6. Calculate Average Latency per Stage for the Past Hour

sql
WITH publish_events AS (
  SELECT
    msg_id,
    MAX(publish_at) AS publish_at,
    MAX(emqx_received_at) AS publish_received_at
  FROM mqtt_message_traces
  WHERE event_name = 'message.publish'
    AND timestamp >= now() - INTERVAL '1 hour'
  GROUP BY msg_id
),
ack_events AS (
  SELECT
    msg_id,
    MAX(sub_ack_at) AS message_acked
  FROM mqtt_message_traces
  WHERE event_name = 'message.acked'
    AND timestamp >= now() - INTERVAL '1 hour'
  GROUP BY msg_id
),
message_latency AS (
  SELECT
    p.msg_id,
    p.publish_at,
    p.publish_received_at,
    a.message_acked
  FROM publish_events p
  JOIN ack_events a
    ON p.msg_id = a.msg_id
)
SELECT
  COUNT(*) AS sample_count,
  ROUND(AVG(publish_received_at - publish_at), 3) AS publisher_to_emqx_ms,
  ROUND(AVG(message_acked - publish_at), 3) AS end_to_end_ms
FROM message_latency
WHERE publish_at IS NOT NULL
  AND publish_received_at IS NOT NULL
  AND message_acked IS NOT NULL;

In a healthy EMQX system, broker processing latency is typically very low. The more significant contributors are the publish and consume phases: publisher_to_emqx_ms and emqx_to_subscriber_ms.

Query notes:

  • WHERE timestamp >= now() - INTERVAL '1 hour' limits the query to a one-hour observation window, avoiding interference from historical data.
  • publish_events and ack_events narrow the dataset before the JOIN.
  • MAX(...) collapses the timestamps from multiple event rows into a single aggregate row.
  • The final WHERE ... IS NOT NULL ensures that only records with a complete publish/acked chain are used to calculate latency.

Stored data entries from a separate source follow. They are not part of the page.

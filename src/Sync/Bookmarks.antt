-- ===== src/Sync/Bookmarks.antt =====
-- The bookmarks and folders in the document of src-tauri/src/sync/sync_doc.rs: the nodes at the root of
-- a tree, each with a map of its own. The tree of Loro is a parameter.
pub mod Edits
pub mod Nodes
pub mod RoundTrip
pub mod Moves
pub mod Cascade
pub mod Toy
mod Tests
use bushido.Prelude.{
  ℕ, Bool, true, false, List, [], ◌∷◌, ◌++◌, Bytes, codes, ◌&&◌, if◌then◌else◌, Option, none, some,
  Result, ok, err,
}
use bushido.Prelude.Table.{Eq, list_beq}
use bushido.Prelude.Io.{Io, pure, fail, after, ◌>>=◌, ◌>>◌}
use bushido.Sync.Contents.{LoroMaps, OpenDoc, maybe_compact}

-- A value of a node's map; `F` is `f64`. The numbers of `i64` are in two's complement.
pub data MetaValue (F : Type 0) : Type 0 where
  text : Bytes → MetaValue F
  double : F → MetaValue F
  i64 : ℕ → MetaValue F
  other : MetaValue F

-- What `get` of a node's map gives.
abbrev pub Meta : Type 0 → Type 0
Meta F = Bytes → Option (MetaValue F)

-- `LoroTree`: `children` of the root, `get_meta`, which fails on a node that does not exist, and the
-- changes to the tree and to the maps of its nodes.
pub record LoroTree (loro : LoroMaps) : Type 1 where
  pub F64 : Type 0
  pub zero : F64
  pub as_f64 : ℕ → F64
  pub TreeId : Type 0
  pub same : TreeId → TreeId → Bool
  pub children : loro.Doc → List TreeId
  pub get_meta : TreeId → loro.Doc → Result (Meta F64)
  pub create : Io loro.Doc TreeId
  pub delete_node : TreeId → Io loro.Doc (Unit {0})
  pub insert_meta : TreeId → Bytes → MetaValue F64 → loro.Doc → loro.Doc

pub record Bookmark (F : Type 0) : Type 0 where
  pub id : Bytes
  pub url : Bytes
  pub title : Bytes
  pub favicon : Option Bytes
  pub folder_id : Bytes
  pub created_at : F

pub record BookmarkFolder (F : Type 0) : Type 0 where
  pub id : Bytes
  pub name : Bytes
  pub parent_id : Bytes
  pub order : F

pub record BookmarkData (F : Type 0) : Type 0 where
  pub bookmarks : List (Bookmark F)
  pub folders : List (BookmarkFolder F)

-- `unwrap_or_default` of a string.
abbrev pub text_or_empty : Option Bytes → Bytes
text_or_empty none = []
text_or_empty (some s) = s

-- `as_deref() == Some(s)`
abbrev pub is_text : Option Bytes → Bytes → Bool
is_text none s = false
is_text (some t) s = list_beq t s

-- The fields of a new node in the order in which they are set.
abbrev pub Fields : Type 0 → Type 0
Fields F = List (Bytes × MetaValue F)

module _ {F : Type 0} where
  abbrev pub as_text : Option (MetaValue F) → Option Bytes
  as_text (some (text s)) = some s
  as_text other_value = none

  abbrev pub get_map_str : Meta F → Bytes → Option Bytes
  get_map_str meta key = as_text (meta key)

  abbrev pub folder_fields : BookmarkFolder F → Fields F
  folder_fields f =
      (codes "type", text (codes "folder"))
      ∷ (codes "id", text f.id)
      ∷ (codes "name", text f.name)
      ∷ (codes "parentId", text f.parent_id)
      ∷ (codes "order", double f.order)
      ∷ []

  abbrev pub favicon_field : Option Bytes → Fields F → Fields F
  favicon_field none fields = fields
  favicon_field (some fav) fields = (codes "favicon", text fav) ∷ fields

  abbrev pub bookmark_fields : Bookmark F → Fields F
  bookmark_fields b =
      (codes "type", text (codes "bookmark"))
      ∷ (codes "id", text b.id)
      ∷ (codes "url", text b.url)
      ∷ (codes "title", text b.title)
      ∷ favicon_field b.favicon
          ((codes "folderId", text b.folder_id) ∷ (codes "createdAt", double b.created_at) ∷ [])

module _ (loro : LoroMaps) (tree : LoroTree loro) where
  open tree use {F64, TreeId, children, get_meta, create, delete_node, insert_meta}

  abbrev pub as_number : Option (MetaValue F64) → F64
  as_number (some (double d)) = d
  as_number (some (i64 n)) = tree.as_f64 n
  as_number other_value = tree.zero

  -- `get_map_f64(..).unwrap_or(0.0)`
  abbrev pub get_map_f64 : Meta F64 → Bytes → F64
  get_map_f64 meta key = as_number (meta key)

  -- A result of the tree in the operation of the document.
  abbrev pub in_doc : {A : Type 0} → OpenDoc loro → Result A × loro.Doc → Result A × OpenDoc loro
  in_doc s (r, d) = (r, record s { doc = d })

  abbrev pub on_tree : {A : Type 0} → Io loro.Doc A → Io (OpenDoc loro) A
  on_tree m s = in_doc s (m s.doc)

  abbrev pub meta_in : TreeId → Io loro.Doc (Meta F64)
  meta_in node d = (get_meta node d, d)

  abbrev pub set_fields : TreeId → Fields F64 → loro.Doc → loro.Doc
  set_fields node [] d = d
  set_fields node ((key, val) ∷ fields) d = set_fields node fields (insert_meta node key val d)

  abbrev pub fill : TreeId → Fields F64 → Io loro.Doc (Unit {0})
  fill node fields d = (ok tt, set_fields node fields d)

  -- A new node with its fields.
  abbrev pub add_node : Fields F64 → Io loro.Doc (Unit {0})
  add_node fields = do node ← create; meta ← meta_in node; fill node fields

  abbrev pub write_folders : List (BookmarkFolder F64) → Io loro.Doc (Unit {0})
  write_folders [] = pure tt
  write_folders (f ∷ fs) = add_node (folder_fields f) >>= λ u. write_folders fs

  abbrev pub write_bookmarks : List (Bookmark F64) → Io loro.Doc (Unit {0})
  write_bookmarks [] = pure tt
  write_bookmarks (b ∷ bs) = add_node (bookmark_fields b) >>= λ u. write_bookmarks bs

  -- `let _ = tree.delete(..)` of every node.
  abbrev pub delete_nodes : List TreeId → loro.Doc → loro.Doc
  delete_nodes [] d = d
  delete_nodes (n ∷ ns) d = delete_nodes ns (delete_node n d).1

  unfoldable pub write_full : BookmarkData F64 → Io loro.Doc (Unit {0})
  write_full given d =
      (write_folders given.folders >>= λ u. write_bookmarks given.bookmarks)
        (delete_nodes (children d) d)

  abbrev pub folder_of : Meta F64 → BookmarkFolder F64
  folder_of meta = record {
    id = text_or_empty (get_map_str meta (codes "id"));
    name = text_or_empty (get_map_str meta (codes "name"));
    parent_id = text_or_empty (get_map_str meta (codes "parentId"));
    order = get_map_f64 meta (codes "order");
  }

  abbrev pub bookmark_of : Meta F64 → Bookmark F64
  bookmark_of meta = record {
    id = text_or_empty (get_map_str meta (codes "id"));
    url = text_or_empty (get_map_str meta (codes "url"));
    title = text_or_empty (get_map_str meta (codes "title"));
    favicon = get_map_str meta (codes "favicon");
    folder_id = text_or_empty (get_map_str meta (codes "folderId"));
    created_at = get_map_f64 meta (codes "createdAt");
  }

  -- A node in front of what is read of the nodes behind it.
  abbrev pub read_node : Meta F64 → BookmarkData F64 → BookmarkData F64
  read_node meta rest =
      let kind = text_or_empty (get_map_str meta (codes "type")) in
      if list_beq kind (codes "folder")
      then record rest { folders = folder_of meta ∷ rest.folders }
      else (if list_beq kind (codes "bookmark")
          then record rest { bookmarks = bookmark_of meta ∷ rest.bookmarks }
          else rest)

  abbrev pub read_found : Result (Meta F64) → Result (BookmarkData F64) → Result (BookmarkData F64)
  read_found (ok meta) (ok rest) = ok (read_node meta rest)
  read_found (ok meta) (err e) = err e
  read_found (err e) rest = err e

  abbrev pub read_nodes : List TreeId → loro.Doc → Result (BookmarkData F64)
  read_nodes [] d = ok (record { bookmarks = []; folders = [] })
  read_nodes (n ∷ ns) d = read_found (get_meta n d) (read_nodes ns d)

  -- `read_bookmarks_as_json`, before its data become a text.
  abbrev pub read_bookmarks : loro.Doc → Result (BookmarkData F64)
  read_bookmarks d = read_nodes (children d) d

  abbrev pub has_id : Bytes → Result (Meta F64) → Bool
  has_id target (ok meta) = is_text (get_map_str meta (codes "id")) target
  has_id target (err e) = false

  abbrev pub find_among : Bytes → List TreeId → loro.Doc → Option TreeId
  find_among target [] d = none
  find_among target (n ∷ ns) d =
      let rest = find_among target ns d in if has_id target (get_meta n d) then some n else rest

  abbrev pub find_node_by_id : Bytes → loro.Doc → Option TreeId
  find_node_by_id target d = find_among target (children d) d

7. Validate for Negative Latency Values

Run the following query before accepting latency results. Any non-zero result indicates a timestamp issue, clock synchronization problem, or field mapping error.

sql
WITH publish_events AS (
  SELECT
    msg_id,
    MAX(publish_at) AS publish_at,
    MAX(emqx_received_at) AS publish_received_at
  FROM mqtt_message_traces
  WHERE event_name = 'message.publish'
    AND timestamp >= now() - INTERVAL '1 hour'
  GROUP BY msg_id
),
ack_events AS (
  SELECT
    msg_id,
    MAX(sub_ack_at) AS message_acked
  FROM mqtt_message_traces
  WHERE event_name = 'message.acked'
    AND timestamp >= now() - INTERVAL '1 hour'
  GROUP BY msg_id
),
message_latency AS (
  SELECT
    p.msg_id,
    p.publish_at,
    p.publish_received_at,
    a.message_acked
  FROM publish_events p
  JOIN ack_events a
    ON p.msg_id = a.msg_id
)
SELECT
  SUM(CASE WHEN publish_received_at - publish_at < 0 THEN 1 ELSE 0 END) AS negative_publisher_to_emqx,
  SUM(CASE WHEN message_acked - publish_at < 0 THEN 1 ELSE 0 END) AS negative_end_to_end
FROM message_latency
WHERE publish_at IS NOT NULL
  AND publish_received_at IS NOT NULL
  AND message_acked IS NOT NULL;

All values must be 0 before the results can be considered valid. If any count is non-zero, check the timestamp mappings and clock synchronization configuration before using the results as final conclusions.

Result Validation

Before publishing final latency results, verify all of the following:

  1. Trace records exist for both message.publish and message.acked event types;
  2. Key timestamp fields publish_at, emqx_received_at, and sub_ack_at are correctly populated;
  3. The average latency query returns a meaningful sample_count;
  4. The negative-value validation query returns 0 for all checks;
  5. EMQX Rule Action metrics show no abnormal failure counts.